● Work order: Tally up the lines below that carry the word "over", answering with the figure alone.

---------- Input data ----------

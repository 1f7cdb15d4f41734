-- ===== src/Lora/Join.antt =====
-- The OTAA join of src/radio/lorawan.py. The cryptography is a parameter, and so are the two random
-- bytes that seed the nonce counter, whether the radio sent the request, and the frame, if any, that
-- the receive windows brought.
use mathlib.Core.List.{reverse}
use wqm.Prelude.{
  ℕ, zero, suc, ◌+◌, ◌-◌, ◌*◌, ◌/◌, ◌%◌, ◌^◌, min, max, Bool, true, false, ◌&&◌, not, Option, none,
  some, List, [], ◌∷◌, ◌++◌, leb, ◌==◌, if◌then◌else◌, length, take, drop, contains,
}
use wqm.Lora.{Bytes, Session, Mac, reset_mac_params}
use wqm.Lora.Commands.{byte, any_of}
use wqm.Lora.Region.{mask_from}
use wqm.Lora.Frames.{pack16}
use wqm.Lora.Link.{same_bytes, body_of, mic_of}

-- The identity that the constructor is given, EUIs most significant byte first.
pub record Device : Type 0 where
  pub dev_eui : Bytes
  pub app_eui : Bytes
  pub app_key : Bytes

abbrev pub next_counter : ℕ → Option ℕ → ℕ
next_counter entropy none = entropy
next_counter entropy (some n) = (n + 1) % 65536

-- `_next_dev_nonce`, kept as `_dev_nonce` too
unfoldable pub next_dev_nonce : ℕ → Mac → Mac
next_dev_nonce entropy m = record m {
  dev_nonce = next_counter entropy m.dev_nonce_counter;
  dev_nonce_counter = some (next_counter entropy m.dev_nonce_counter);
}

unfoldable pub zeros : ℕ → Bytes
zeros zero = []
zeros (suc n) = 0 ∷ zeros n

-- The blocks of 16 bytes, each put through the cipher.
unfoldable pub encrypt_blocks : (Bytes → Bytes) → ℕ → Bytes → Bytes
encrypt_blocks encrypt zero bytes = []
encrypt_blocks encrypt (suc n) bytes =
    encrypt (take 16 bytes) ++ encrypt_blocks encrypt n (drop 16 bytes)

-- `(len(encrypted) + 15) // 16`
abbrev block_count : Bytes → ℕ
block_count encrypted = (length encrypted + 15) / 16

unfoldable pub decrypt_accept : (Bytes → Bytes) → Bytes → Bytes
unfolding encrypt_blocks zeros
decrypt_accept encrypt encrypted = take (length encrypted) (
    encrypt_blocks encrypt (block_count encrypted)
      (encrypted ++ zeros (block_count encrypted * 16 - length encrypted)))

-- Bit `i` of the channel mask of a CFList.
abbrev cf_bit : Bytes → ℕ → Bool
cf_bit cf_list i = byte cf_list (i / 8) / 2 ^ (i % 8) % 2 == 1

unfoldable pub cf_mask : Bytes → List Bool
cf_mask cf_list = mask_from (cf_bit cf_list) 0 72

-- `body[12:28]` of a body that has it
abbrev pub cf_list_of : Bytes → Bytes
cf_list_of body = if leb 28 (length body) then take 16 (drop 12 body) else []

unfoldable pub apply_cf_list : Bytes → Mac → Mac
apply_cf_list cf_list m =
    if length cf_list == 16 && byte cf_list 15 == 1 && any_of (take 64 (cf_mask cf_list))
    then record m { channel_mask = cf_mask cf_list }
    else m

-- RECENT_APP_NONCES_KEPT, and the last of them
abbrev pub nonces_kept : ℕ
nonces_kept = 8

unfoldable pub last_nonces : List ℕ → List ℕ
last_nonces nonces = drop (length nonces - nonces_kept) nonces

abbrev pub app_nonce_of : Bytes → ℕ
app_nonce_of body = byte body 0 + byte body 1 * 256 + byte body 2 * 65536

-- DLSettings and RxDelay
unfoldable pub apply_settings : Bytes → Mac → Mac
unfolding reset_mac_params
apply_settings body m = record (reset_mac_params m) {
  rx1_dr_offset = byte body 10 / 16 % 8;
  rx2_dr = if byte body 10 % 16 == 0 then 8 else max 8 (min 13 (byte body 10 % 16));
  rx1_delay_s = if byte body 11 % 16 == 0 then 1 else byte body 11 % 16;
}

module _ (cmac aes : Bytes → Bytes → Bytes) (device : Device) where
  -- `_derive_key`: the type, AppNonce, NetID, DevNonce and seven zeros
  unfoldable pub derive_key : ℕ → Bytes → Bytes → ℕ → Bytes
  derive_key key_type app_nonce net_id dev_nonce =
      aes device.app_key (key_type ∷ (app_nonce ++ (net_id ++ (pack16 dev_nonce ++ zeros 7))))

  unfoldable pub join_request : Mac → Bytes
  join_request m =
      let request =
        0 ∷ (reverse device.app_eui ++ (reverse device.dev_eui ++ pack16 m.dev_nonce)) in
      request ++ take 4 (cmac device.app_key request)

  -- The session that a JoinAccept's body gives.
  unfoldable pub new_session : Bytes → Mac → Session
  new_session body m = record {
    dev_addr = take 4 (drop 6 body);
    nwk_skey = derive_key 1 (take 3 body) (take 3 (drop 3 body)) m.dev_nonce;
    app_skey = derive_key 2 (take 3 body) (take 3 (drop 3 body)) m.dev_nonce;
    fcnt_up = 0;
    fcnt_down = 0;
    joined = true;
  }

  unfoldable pub apply_accept : Bytes → Mac → Mac
  apply_accept body m = apply_cf_list (cf_list_of body) (
      apply_settings body (record m {
        recent_app_nonces = last_nonces (m.recent_app_nonces ++ app_nonce_of body ∷ []);
        session = new_session body m;
      }))

  -- The decrypted frame after its MHDR.
  abbrev pub accept_text : Bytes → Bytes
  accept_text frame = decrypt_accept (aes device.app_key) (drop 1 frame)

  -- Every check but the last: the lengths, the type and the MIC.
  unfoldable pub is_accept : Bytes → Bool
  is_accept frame =
      leb 17 (length frame)
      && byte frame 0 == 32
      && leb 16 (length (accept_text frame))
      && same_bytes (take 4 (cmac device.app_key (32 ∷ body_of (accept_text frame))))
          (mic_of (accept_text frame))

  -- `_process_join_accept`
  unfoldable pub process_join_accept : Bytes → Mac → Bool × Mac
  process_join_accept frame m =
      let body = body_of (accept_text frame) in
      if not (is_accept frame)
      then (false, m)
      else if contains (app_nonce_of body) m.recent_app_nonces
      then (false, m)
      else (true, apply_accept body m)

  -- What one call of `join` does: its answer, the MAC after it, the nonce counter that was saved
  -- before the radio ran, and the request.
  pub record Joined : Type 0 where
    pub answer : Bool
    pub mac : Mac
    pub saved : Option ℕ
    pub aired : Bytes

  abbrev pub after_request : Bool → Option Bytes → Mac → Bool × Mac
  after_request false accept m = (false, m)
  after_request true none m = (false, m)
  after_request true (some frame) m = process_join_accept frame m

  unfoldable pub join : ℕ → Bool → Option Bytes → Mac → Joined
  unfolding next_dev_nonce
  join entropy sent accept m =
      let m' = next_dev_nonce entropy m in
      let out = after_request sent accept m' in
      record { answer = out.0; mac = out.1; saved = m'.dev_nonce_counter; aired = join_request m' }
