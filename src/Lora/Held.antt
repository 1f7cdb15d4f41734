-- ===== src/Lora/Held.antt =====
-- The list of recent AppNonces in src/radio/lorawan.py: how long one stays in it.
use mathlib.Core.Path.{subst}
use wqm.Prelude.{
  ℕ, zero, suc, ◌+◌, ◌-◌, ◌≤◌, ◌<◌, ◌≡◌, refl, sym, ap, ◌∙◌, true, List, [], ◌∷◌, ◌++◌, arith,
  length, length-append, drop, contains,
}
use wqm.Lora.Join.{last_nonces}

-- A nonce stands in a list with at most `k` later ones.
pub record Held (n k : ℕ) (nonces : List ℕ) : Type 0 where
  pub before : List ℕ
  pub after : List ℕ
  pub split : nonces ≡ before ++ n ∷ after
  pub late : length after ≤ k

contains-middle : (n : ℕ) (before after : List ℕ) → contains n (before ++ n ∷ after) ≡ true
unfolding contains
contains-middle n [] after = ground arith
contains-middle n (x ∷ before) after = ground (arith, contains-middle n before after)

pub Held-contains : (n k : ℕ) (nonces : List ℕ) → Held n k nonces → contains n nonces ≡ true
Held-contains n k nonces h =
    subst (λ l. contains n l ≡ true) (sym h.split) (contains-middle n h.before h.after)

drop-append :
    (d : ℕ) (before rest : List ℕ)
    → d ≤ length before
    → drop d (before ++ rest) ≡ drop d before ++ rest
drop-append zero before rest h = refl
drop-append (suc d) [] rest h = absurd (omega arith)
drop-append (suc d) (x ∷ before) rest h = drop-append d before rest (omega arith)

append_middle :
    (n x : ℕ) (before after : List ℕ)
    → (before ++ n ∷ after) ++ x ∷ [] ≡ before ++ n ∷ (after ++ x ∷ [])
append_middle n x [] after = refl
append_middle n x (y ∷ before) after = ap (λ l. y ∷ l) (append_middle n x before after)

over : (b a : ℕ) → a ≤ 6 → b + suc (a + 1) - 8 ≤ b
over b a h = omega arith

-- One more AppNonce.
pub Held-next :
    (n k x : ℕ) (nonces : List ℕ)
    → k < 7
    → Held n k nonces
    → Held n (suc k) (last_nonces (nonces ++ x ∷ []))
unfolding last_nonces
Held-next n k x nonces few h =
    let tail = h.after ++ x ∷ [] in
    let total = h.before ++ n ∷ tail in
    let whole : nonces ++ x ∷ [] ≡ total =
      ap (λ l. l ++ x ∷ []) h.split ∙ append_middle n x h.before h.after in
    let cut = length total - 8 in
    let len : length total ≡ length h.before + suc (length h.after + 1) =
      omega (arith, length-append h.before (n ∷ tail), length-append h.after (x ∷ [])) in
    let fits : cut ≤ length h.before = omega (arith, len, h.late, few) in
    record {
      before = drop cut h.before;
      after = tail;
      split = ap (λ l. drop (length l - 8) l) whole ∙ drop-append cut h.before (n ∷ tail) fits;
      late = omega (arith, length-append h.after (x ∷ []), h.late);
    }

pub Held-first : (n : ℕ) (nonces : List ℕ) → Held n 0 (last_nonces (nonces ++ n ∷ []))
unfolding last_nonces
Held-first n nonces =
    let cut = length (nonces ++ n ∷ []) - 8 in
    record {
      before = drop cut nonces;
      after = [];
      split = drop-append cut nonces (n ∷ []) (omega (arith, length-append nonces (n ∷ [])));
      late = omega arith;
    }

pub Held-later : (n k : ℕ) (nonces : List ℕ) → Held n k nonces → Held n (suc k) nonces
Held-later n k nonces h = record {
  before = h.before;
  after = h.after;
  split = h.split;
  late = omega (arith, h.late);
}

----------

● Reply to the exercise: 2